Trump is the rearguard, not the vanguard

Most readers are probably sick of inauguration coverage; I know I am. Instead I want to point you to something that deals with some more underlying characteristics of American politics, and which happens to convey a surprisingly hopeful message.

The piece is by Reuben Fischer-Baum and Dhrumil Mehta at FiveThirtyEight, in which they’ve collated opinion polling from the eight years of Barack Obama’s presidency and presented it in a neat interactive graph.

The headline data series is a familiar one, Obama’s approval rating. It falls sharply at the start of his term and stays reasonably flat from there, rising noticeably in both election years (2012 and 2016). Approval of Congress starts from a much lower base, falls a bit less sharply, and stays down.
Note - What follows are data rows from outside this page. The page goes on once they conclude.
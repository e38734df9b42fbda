-- ===== src/Platform/PageTable/Entries.antt =====
-- The entries that `mapPage` writes, as the walk reads them.
use kush_os_rewrite.Base.{ℕ, ◌+◌, ◌-◌, ◌*◌, ◌/◌, ◌%◌, ◌^◌, ◌<◌, true, false, bit_and, bit_or, arith}
use kush_os_rewrite.Base.{◌≡◌, refl, ap, ◌∙◌, ltb, if◌then◌else◌, Bool-cases, inl, inr}
use kush_os_rewrite.Base.Bits.{bit_and-mask, bit_or-low_bits, bit_and-low_bits}
use kush_os_rewrite.Platform.Layout.{kernel_boundary}
use kush_os_rewrite.Platform.PageTable.{
  present, large, table_addr, table_entry, page_entry, decode_phys, decode_mode,
}
use kush_os_rewrite.Vm.Types.{test_flags}
use kush_os_rewrite.Vm.Mode

pub table_addr_lem : (e : ℕ) → table_addr e ≡ e % 2 ^ 63 / 4096 * 4096
unfolding table_addr
table_addr_lem e = omega (
  arith,
  bit_and-mask 12 64 e (omega arith),
  bit_and-mask 9 63 (bit_and e (2 ^ 64 - 2 ^ 12)) (omega arith),
)

-- Flags below 4096 beside a page-aligned address.
module _ (q f : ℕ) (small : f < 4096) where
  low : (s : ℕ) → s < 4096 → bit_and (q * 4096 + f) s ≡ bit_and f s
  low s h = bit_and-low_bits 12 q f s small h

-- The flags that a table entry has beside its address.
abbrev table_flags : ℕ → ℕ
table_flags virt = if ltb virt kernel_boundary then 7 else 3

table_entry_fields : (q virt : ℕ) → table_entry (q * 4096) virt ≡ q * 4096 + table_flags virt
unfolding table_entry
table_entry_fields q virt =
    let three : bit_or (q * 4096) 3 ≡ q * 4096 + 3 =
      ap (λ (t : ℕ). bit_or t 3) plus_zero ∙ bit_or-low_bits 12 q 0 3 (omega arith) (omega arith) in
    elim (Bool-cases (ltb virt kernel_boundary)) [
      | inl user ↦ rw (user, three) (bit_or-low_bits 12 q 3 4 (omega arith) (omega arith))
      | inr kernel ↦ rw (kernel, three)
    ]
  where
    plus_zero : q * 4096 ≡ q * 4096 + 0
    plus_zero = omega arith

-- An entry made for a table is present, maps no large page and leads to that table.
pub table_entry_lem :
    (page virt : ℕ)
    → page % 4096 ≡ 0
    → page < 2 ^ 63
    → (present (table_entry page virt) ≡ true)
      × (large (table_entry page virt) ≡ false)
      × (table_addr (table_entry page virt) ≡ page)
table_entry_lem page virt aligned below =
    let e : page ≡ page / 4096 * 4096 = omega arith in
    let fields : table_entry page virt ≡ page / 4096 * 4096 + table_flags virt =
      ap (λ (p : ℕ). table_entry p virt) e ∙ table_entry_fields (page / 4096) virt in
    elim (Bool-cases (ltb virt kernel_boundary)) [
      | inl user ↦
          rw (fields, user)
            (
              rw (low (page / 4096) 7 (omega arith) 1 (omega arith)) refl,
              rw (low (page / 4096) 7 (omega arith) 0x80 (omega arith)) refl,
              table_addr_lem (page / 4096 * 4096 + 7) ∙ omega arith,
            )
      | inr kernel ↦
          rw (fields, kernel)
            (
              rw (low (page / 4096) 3 (omega arith) 1 (omega arith)) refl,
              rw (low (page / 4096) 3 (omega arith) 0x80 (omega arith)) refl,
              table_addr_lem (page / 4096 * 4096 + 3) ∙ omega arith,
            )
    ]

-- The flags of an entry for a page.
abbrev pub page_flags : ℕ → ℕ
page_flags mode =
    (if test_flags (bit_and mode Mode.write) then 2 else 0)
    + (if test_flags (bit_and mode Mode.user_mask) then 4 else 0)
    + 1

-- The mode that the walk reads from them. Nothing is ever marked not executable.
unfoldable pub effective_mode : ℕ → ℕ
effective_mode mode =
    if test_flags (bit_and mode Mode.user_mask)
    then (if test_flags (bit_and mode Mode.write) then 0x700 else 0x500)
    else (if test_flags (bit_and mode Mode.write) then 0x7 else 0x5)

or_flag : (q f s : ℕ) → f < 4096 → s < 4096 → bit_or (q * 4096 + f) s ≡ q * 4096 + bit_or f s
or_flag q f s h h' = bit_or-low_bits 12 q f s h h'

module _ (phys mode : ℕ) where
  abbrev frame : ℕ
  frame = phys % 2 ^ 63 / 4096

  first_flag : bit_or (table_addr phys) 1 ≡ frame * 4096 + 1
  first_flag =
      let e : table_addr phys ≡ frame * 4096 + 0 = omega (arith, table_addr_lem phys) in
      rw e (or_flag frame 0 1 (omega arith) (omega arith))

  page_entry_fields : page_entry phys mode ≡ frame * 4096 + page_flags mode
  unfolding page_entry
  page_entry_fields = elim (Bool-cases (test_flags (bit_and mode Mode.write))) [
    | inl w ↦ elim (Bool-cases (test_flags (bit_and mode Mode.user_mask))) [
      | inl u ↦ rw (
        w,
        u,
        first_flag,
        or_flag frame 1 2 (omega arith) (omega arith),
        or_flag frame 3 4 (omega arith) (omega arith),
      )
      | inr u ↦ rw (w, u, first_flag, or_flag frame 1 2 (omega arith) (omega arith))
    ]
    | inr w ↦ elim (Bool-cases (test_flags (bit_and mode Mode.user_mask))) [
      | inl u ↦ rw (w, u, first_flag, or_flag frame 1 4 (omega arith) (omega arith))
      | inr u ↦ rw (w, u, first_flag)
    ]
  ]

  flags-small : page_flags mode < 4096
  flags-small = ground arith

  top_bit : bit_and (page_entry phys mode) (2 ^ 63) ≡ 0
  top_bit = omega (
    arith,
    bit_and-mask 63 64 (page_entry phys mode) (omega arith),
    page_entry_fields,
    flags-small,
  )

  decode_phys_lem : decode_phys (page_entry phys mode) ≡ phys % 2 ^ 52 / 4096 * 4096
  unfolding decode_phys
  decode_phys_lem = omega (
    arith,
    bit_and-mask 12 52 (page_entry phys mode) (omega arith),
    page_entry_fields,
    flags-small,
  )

  flag : (s : ℕ) → s < 4096 → bit_and (page_entry phys mode) s ≡ bit_and (page_flags mode) s
  flag s h = rw page_entry_fields (low frame (page_flags mode) flags-small s h)

  entry_present : present (page_entry phys mode) ≡ true
  entry_present =
      rw (flag 1 (omega arith)) (elim (Bool-cases (test_flags (bit_and mode Mode.write))) [
        | inl w ↦ elim (Bool-cases (test_flags (bit_and mode Mode.user_mask))) [
          | inl u ↦ rw (w, u)
          | inr u ↦ rw (w, u)
        ]
        | inr w ↦ elim (Bool-cases (test_flags (bit_and mode Mode.user_mask))) [
          | inl u ↦ rw (w, u)
          | inr u ↦ rw (w, u)
        ]
      ])

  entry_mode : decode_mode (page_entry phys mode) ≡ effective_mode mode
  unfolding decode_mode effective_mode
  entry_mode =
      rw (flag 4 (omega arith), flag 2 (omega arith), top_bit)
        (elim (Bool-cases (test_flags (bit_and mode Mode.write))) [
          | inl w ↦ elim (Bool-cases (test_flags (bit_and mode Mode.user_mask))) [
            | inl u ↦ rw (w, u)
            | inr u ↦ rw (w, u)
          ]
          | inr w ↦ elim (Bool-cases (test_flags (bit_and mode Mode.user_mask))) [
            | inl u ↦ rw (w, u)
            | inr u ↦ rw (w, u)
          ]
        ])

  -- An entry made for a page is present and decodes to the page's frame and mode.
  pub page_entry_lem :
      (present (page_entry phys mode) ≡ true)
      × (decode_phys (page_entry phys mode) ≡ phys % 2 ^ 52 / 4096 * 4096)
      × (decode_mode (page_entry phys mode) ≡ effective_mode mode)
  page_entry_lem = (entry_present, decode_phys_lem, entry_mode)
Almost half of the others that they plot refer to various aspects of Obama’s job performance, and the majority mirror the approval ratings. I don’t think any of these are very informative: partly because they don’t tell you why people are satisfied or not (someone who disapproves “of Obama’s handling of the situation in Iraq”, for example, could think he was too belligerent or not belligerent enough), but also because too often they’re determined by general political reasons. Voting intention tends to drive opinions on political issues, rather than the other way around.

The most dramatic example of that is the question of holding “an unfavorable view of Russia”. From a low of just over 40% in early 2011, that rose steadily to 70% four years later, before easing slightly and then plunging during 2016 to just over 50%. No doubt you could find other possible reasons for that movement, but the obvious one is the appearance of a pro-Russian presidential candidate with a loyal following who were disposed to echo his policy pronouncements.

Where it gets interesting, though, is with the issues that aren’t presented in political terms. Seven such issues – legal abortion, the death penalty, concern about global warming, legalisation of marijuana, same-sex marriage, assessment of race relations and approval of trade unions – have all moved in a consistently progressive direction over the eight-year period.

Some of the changes are very substantial. Support for marriage equality has risen from about 40% to above 60%; support for marijuana legalisation has gone from the high 30s to the high 50s. Opposition to the death penalty, which has long lagged behind other liberal causes, has gone from below 30% to above 40%.

Nothing at all has moved so clearly in the other direction. Perhaps the closest is the belief that “Obama should close Guantanamo Bay”, which fell from above 40% to around 30% before recovering most of that ground. (It may be that mention of Obama in the question led to a better match with his approval rating.) Two questions on gun control showed almost no change, while concern about civil liberties in the context of anti-terrorism policies rose mid-term before falling back to close to its starting point.

And the most broadly philosophical question, as to whether one would prefer a larger government providing more services to a smaller government providing fewer services, produces a flat trend line around the 40% mark.

So there is no evidence that the election of Donald Trump reflects some pronounced swing to the right in Americans’ values or beliefs. On the contrary, the evidence, such as it is, suggests the opposite. The angry white men who make up Trump’s main support base do not amount to a majority – indeed, that fact is one of the very things they are angry about.

Trumpism, like many other far-right movements in history, is a defensive reaction, of people who see the tide of history turning away from them. The description “populism” is misleading if it leads us to see it as the voice of the majority; Hillary Clinton won the popular vote convincingly, and may well have won by more if Americans voted in proportion to their race and age demographics.

That’s no cause for blind optimism. Rearguards sometimes win battles, and historical tides sometimes go into reverse (as several of these same indicators did in the 1970s and 1980s). And Trump really is president. But some longer term confidence is not without foundation.